Repeat the records in full, exactly.

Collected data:
┄┄┄┄┄┄

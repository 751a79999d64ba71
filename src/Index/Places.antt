-- ===== src/Index/Places.antt =====
-- The place at which a scan begins.
use miniob4cqu_db_exp.Common.{
  ℕ, zero, suc, ◌≤◌, ◌<◌, ◌≡◌, refl, sym, ap, ◌∙◌, subst, Bool, true, false, Option, none, some,
  List, [], ◌∷◌, ◌++◌, drop, length, length-append, ltb, arith,
}
use miniob4cqu_db_exp.Common.Step.{Step, Outcome, done, and_then, return, ◌>>◌}
use miniob4cqu_db_exp.Index.Page.{IndexKeys, Key, Item, Node, Page, node, Index}
use miniob4cqu_db_exp.Index.Node.{get_page}
use miniob4cqu_db_exp.Index.Leaf
use miniob4cqu_db_exp.Index.LeafOrder.{IsSorted, position, lookup-first_not_below}
use miniob4cqu_db_exp.Index.Leaves.{page_items, flatten}
use miniob4cqu_db_exp.Index.Chain.{IsLeaf, IsChain, rids_to, drop-past, load-node, get_page-node}
use miniob4cqu_db_exp.Index.NextEntry.{node_of}
use miniob4cqu_db_exp.Index.Scanner.{first_at}
use miniob4cqu_db_exp.Index.Opened.{opened_at, fetch_all-closed, opened_at-rids_to}

module _ (K : IndexKeys) where
  abbrev placed : ℕ → ℕ → Option ℕ → Bool → Index K → Outcome (Index K) (Option (ℕ × ℕ))
  placed p i next true s = done (some (p, i)) s
  placed p i none false s = done none s
  placed p i (some q) false s = (do get_page K q; return (some (q, 0))) s

  pub first_at-placed :
      (p : ℕ) (left : Key K) (n : Node K) (s : Index K)
      → s.pages p ≡ node n
      → IsSorted K n.items
      → first_at K p left s
        ≡ placed p
            (position K left n.items)
            n.next_brother
            (ltb (position K left n.items) (length n.items))
            s
  unfolding first_at
  first_at-placed p left n s at sorted =
      rw (load-node K p n s at, first_at)
        (by_test (Leaf.lookup K n left).0 (ltb (Leaf.lookup K n left).0 (length n.items))
          n.next_brother)
      ∙ ap (λ (r : ℕ × Bool). placed p r.0 n.next_brother (ltb r.0 (length n.items)) s)
          (lookup-first_not_below K n left sorted)
    where
      by_test :
          (i : ℕ) (b : Bool) (next : Option ℕ)
          → (elim b as (λ x. Step (Index K) (Option (ℕ × ℕ))) [
            | true ↦ return (some (p, i))
            | false ↦ elim next as (λ x. Step (Index K) (Option (ℕ × ℕ))) [
              | none ↦ return none
              | some q ↦ do get_page K q; return (some (q, 0))
            ]
          ])
              s
            ≡ placed p i next b s
      by_test i true next = refl
      by_test i false none = refl
      by_test i false (some q) = refl

  pub length-drop_le : (i : ℕ) (xs : List (Item K)) → length (drop i xs) ≤ length xs
  length-drop_le zero xs = omega arith
  length-drop_le (suc i) [] = omega arith
  length-drop_le (suc i) (x ∷ xs) = omega (arith, length-drop_le i xs)

  -- The place of a run, at which the rest of a scan gives the records.
  abbrev Places :
      Outcome (Index K) (Option (ℕ × ℕ)) → ℕ → Option (Key K) → List (Item K) → Index K → Type 0
  Places run rounds right items s =
      (place : Option (ℕ × ℕ)) × (run ≡ done place s)
      × (opened_at K rounds right place s ≡ done (rids_to K right items) s)

  next_of : Page K → Option ℕ
  next_of (node n) = n.next_brother
  next_of _ = none

  same_next : (n m : Node K) → node n ≡ node m → n.next_brother ≡ m.next_brother
  unfolding next_of
  same_next n m h = ap next_of h

  next_leaf-Places :
      (rounds p i : ℕ) (n : Node K) (after : List ℕ) (right : Option (Key K)) (s : Index K)
      → s.pages p ≡ node n
      → IsChain K s.pages p after
      → length (flatten K s.pages after) < rounds
      → Places (placed p i n.next_brother false s) rounds right (flatten K s.pages after) s
  next_leaf-Places rounds p i n [] right s at (m, leaf, last) enough = (
    none,
    ap (λ next. placed p i next false s) (same_next n m (sym at ∙ leaf.0) ∙ last),
    fetch_all-closed K rounds 0 none s enough,
  )
  next_leaf-Places rounds p i n (q ∷ rest) right s at (m, leaf, next, chain) enough =
      let (l, leaf_q) = node_of K s.pages q rest chain in
      (
        some (q, 0),
        ap (λ next. placed p i next false s) (same_next n m (sym at ∙ leaf.0) ∙ next)
            ∙ ap (λ r. and_then r (λ _. return (some (q, 0)))) (get_page-node K q l s leaf_q.0),
        opened_at-rids_to K rounds q 0 l rest right s leaf_q chain leaf_q.1 (here l leaf_q.0)
            ∙ ap (λ page. done (rids_to K right (page_items K page ++ flatten K s.pages rest)) s)
                (sym leaf_q.0),
      )
    where
      here : (l : Node K) → s.pages q ≡ node l → length (l.items ++ flatten K s.pages rest) < rounds
      here l at_q =
          subst (λ page. length (page_items K page ++ flatten K s.pages rest) < rounds) at_q enough

  pub leaf-Places :
      (rounds p i : ℕ) (n : Node K) (after : List ℕ) (right : Option (Key K)) (s : Index K)
      → IsLeaf K s.pages p n
      → IsChain K s.pages p after
      → length (drop i n.items ++ flatten K s.pages after) < rounds
      → Places
          (placed p i n.next_brother (ltb i (length n.items)) s)
          rounds
          right
          (drop i n.items ++ flatten K s.pages after)
          s
  leaf-Places rounds p i n after right s leaf chain enough = by_test (ltb i (length n.items)) refl
    where
      by_test :
          (b : Bool)
          → ltb i (length n.items) ≡ b
          → Places
              (placed p i n.next_brother b s)
              rounds
              right
              (drop i n.items ++ flatten K s.pages after)
              s
      by_test true test = (
        some (p, i),
        refl,
        opened_at-rids_to K rounds p i n after right s leaf chain (ground (arith, test)) enough,
      )
      by_test false test =
          subst
            (λ l.
              Places (placed p i n.next_brother false s) rounds right (l ++ flatten K s.pages after)
                s)
            (sym (drop-past K n.items i (ground (arith, test))))
            (next_leaf-Places rounds p i n after right s leaf.0 chain
              (ground (arith, enough, length-append (drop i n.items) (flatten K s.pages after))))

┄┄┄┄┄┄

--- Exercise solution ---
repository 751a79999d64ba71
filename src/Index/Places.antt
-- ===== src/Index/Places.antt =====
-- The place at which a scan begins.
use miniob4cqu_db_exp.Common.{
  ℕ, zero, suc, ◌≤◌, ◌<◌, ◌≡◌, refl, sym, ap, ◌∙◌, subst, Bool, true, false, Option, none, some,
  List, [], ◌∷◌, ◌++◌, drop, length, length-append, ltb, arith,
}
use miniob4cqu_db_exp.Common.Step.{Step, Outcome, done, and_then, return, ◌>>◌}
use miniob4cqu_db_exp.Index.Page.{IndexKeys, Key, Item, Node, Page, node, Index}
use miniob4cqu_db_exp.Index.Node.{get_page}
use miniob4cqu_db_exp.Index.Leaf
use miniob4cqu_db_exp.Index.LeafOrder.{IsSorted, position, lookup-first_not_below}
use miniob4cqu_db_exp.Index.Leaves.{page_items, flatten}
use miniob4cqu_db_exp.Index.Chain.{IsLeaf, IsChain, rids_to, drop-past, load-node, get_page-node}
use miniob4cqu_db_exp.Index.NextEntry.{node_of}
use miniob4cqu_db_exp.Index.Scanner.{first_at}
use miniob4cqu_db_exp.Index.Opened.{opened_at, fetch_all-closed, opened_at-rids_to}

module _ (K : IndexKeys) where
  abbrev placed : ℕ → ℕ → Option ℕ → Bool → Index K → Outcome (Index K) (Option (ℕ × ℕ))
  placed p i next true s = done (some (p, i)) s
  placed p i none false s = done none s
  placed p i (some q) false s = (do get_page K q; return (some (q, 0))) s

  pub first_at-placed :
      (p : ℕ) (left : Key K) (n : Node K) (s : Index K)
      → s.pages p ≡ node n
      → IsSorted K n.items
      → first_at K p left s
        ≡ placed p
            (position K left n.items)
            n.next_brother
            (ltb (position K left n.items) (length n.items))
            s
  unfolding first_at
  first_at-placed p left n s at sorted =
      rw (load-node K p n s at, first_at)
        (by_test (Leaf.lookup K n left).0 (ltb (Leaf.lookup K n left).0 (length n.items))
          n.next_brother)
      ∙ ap (λ (r : ℕ × Bool). placed p r.0 n.next_brother (ltb r.0 (length n.items)) s)
          (lookup-first_not_below K n left sorted)
    where
      by_test :
          (i : ℕ) (b : Bool) (next : Option ℕ)
          → (elim b as (λ x. Step (Index K) (Option (ℕ × ℕ))) [
            | true ↦ return (some (p, i))
            | false ↦ elim next as (λ x. Step (Index K) (Option (ℕ × ℕ))) [
              | none ↦ return none
              | some q ↦ do get_page K q; return (some (q, 0))
            ]
          ])
              s
            ≡ placed p i next b s
      by_test i true next = refl
      by_test i false none = refl
      by_test i false (some q) = refl

  pub length-drop_le : (i : ℕ) (xs : List (Item K)) → length (drop i xs) ≤ length xs
  length-drop_le zero xs = omega arith
  length-drop_le (suc i) [] = omega arith
  length-drop_le (suc i) (x ∷ xs) = omega (arith, length-drop_le i xs)

  -- The place of a run, at which the rest of a scan gives the records.
  abbrev Places :
      Outcome (Index K) (Option (ℕ × ℕ)) → ℕ → Option (Key K) → List (Item K) → Index K → Type 0
  Places run rounds right items s =
      (place : Option (ℕ × ℕ)) × (run ≡ done place s)
      × (opened_at K rounds right place s ≡ done (rids_to K right items) s)

  next_of : Page K → Option ℕ
  next_of (node n) = n.next_brother
  next_of _ = none

  same_next : (n m : Node K) → node n ≡ node m → n.next_brother ≡ m.next_brother
  unfolding next_of
  same_next n m h = ap next_of h

  next_leaf-Places :
      (rounds p i : ℕ) (n : Node K) (after : List ℕ) (right : Option (Key K)) (s : Index K)
      → s.pages p ≡ node n
      → IsChain K s.pages p after
      → length (flatten K s.pages after) < rounds
      → Places (placed p i n.next_brother false s) rounds right (flatten K s.pages after) s
  next_leaf-Places rounds p i n [] right s at (m, leaf, last) enough = (
    none,
    ap (λ next. placed p i next false s) (same_next n m (sym at ∙ leaf.0) ∙ last),
    fetch_all-closed K rounds 0 none s enough,
  )
  next_leaf-Places rounds p i n (q ∷ rest) right s at (m, leaf, next, chain) enough =
      let (l, leaf_q) = node_of K s.pages q rest chain in
      (
        some (q, 0),
        ap (λ next. placed p i next false s) (same_next n m (sym at ∙ leaf.0) ∙ next)
            ∙ ap (λ r. and_then r (λ _. return (some (q, 0)))) (get_page-node K q l s leaf_q.0),
        opened_at-rids_to K rounds q 0 l rest right s leaf_q chain leaf_q.1 (here l leaf_q.0)
            ∙ ap (λ page. done (rids_to K right (page_items K page ++ flatten K s.pages rest)) s)
                (sym leaf_q.0),
      )
    where
      here : (l : Node K) → s.pages q ≡ node l → length (l.items ++ flatten K s.pages rest) < rounds
      here l at_q =
          subst (λ page. length (page_items K page ++ flatten K s.pages rest) < rounds) at_q enough

  pub leaf-Places :
      (rounds p i : ℕ) (n : Node K) (after : List ℕ) (right : Option (Key K)) (s : Index K)
      → IsLeaf K s.pages p n
      → IsChain K s.pages p after
      → length (drop i n.items ++ flatten K s.pages after) < rounds
      → Places
          (placed p i n.next_brother (ltb i (length n.items)) s)
          rounds
          right
          (drop i n.items ++ flatten K s.pages after)
          s
  leaf-Places rounds p i n after right s leaf chain enough = by_test (ltb i (length n.items)) refl
    where
      by_test :
          (b : Bool)
          → ltb i (length n.items) ≡ b
          → Places
              (placed p i n.next_brother b s)
              rounds
              right
              (drop i n.items ++ flatten K s.pages after)
              s
      by_test true test = (
        some (p, i),
        refl,
        opened_at-rids_to K rounds p i n after right s leaf chain (ground (arith, test)) enough,
      )
      by_test false test =
          subst
            (λ l.
              Places (placed p i n.next_brother false s) rounds right (l ++ flatten K s.pages after)
                s)
            (sym (drop-past K n.items i (ground (arith, test))))
            (next_leaf-Places rounds p i n after right s leaf.0 chain
              (ground (arith, enough, length-append (drop i n.items) (flatten K s.pages after))))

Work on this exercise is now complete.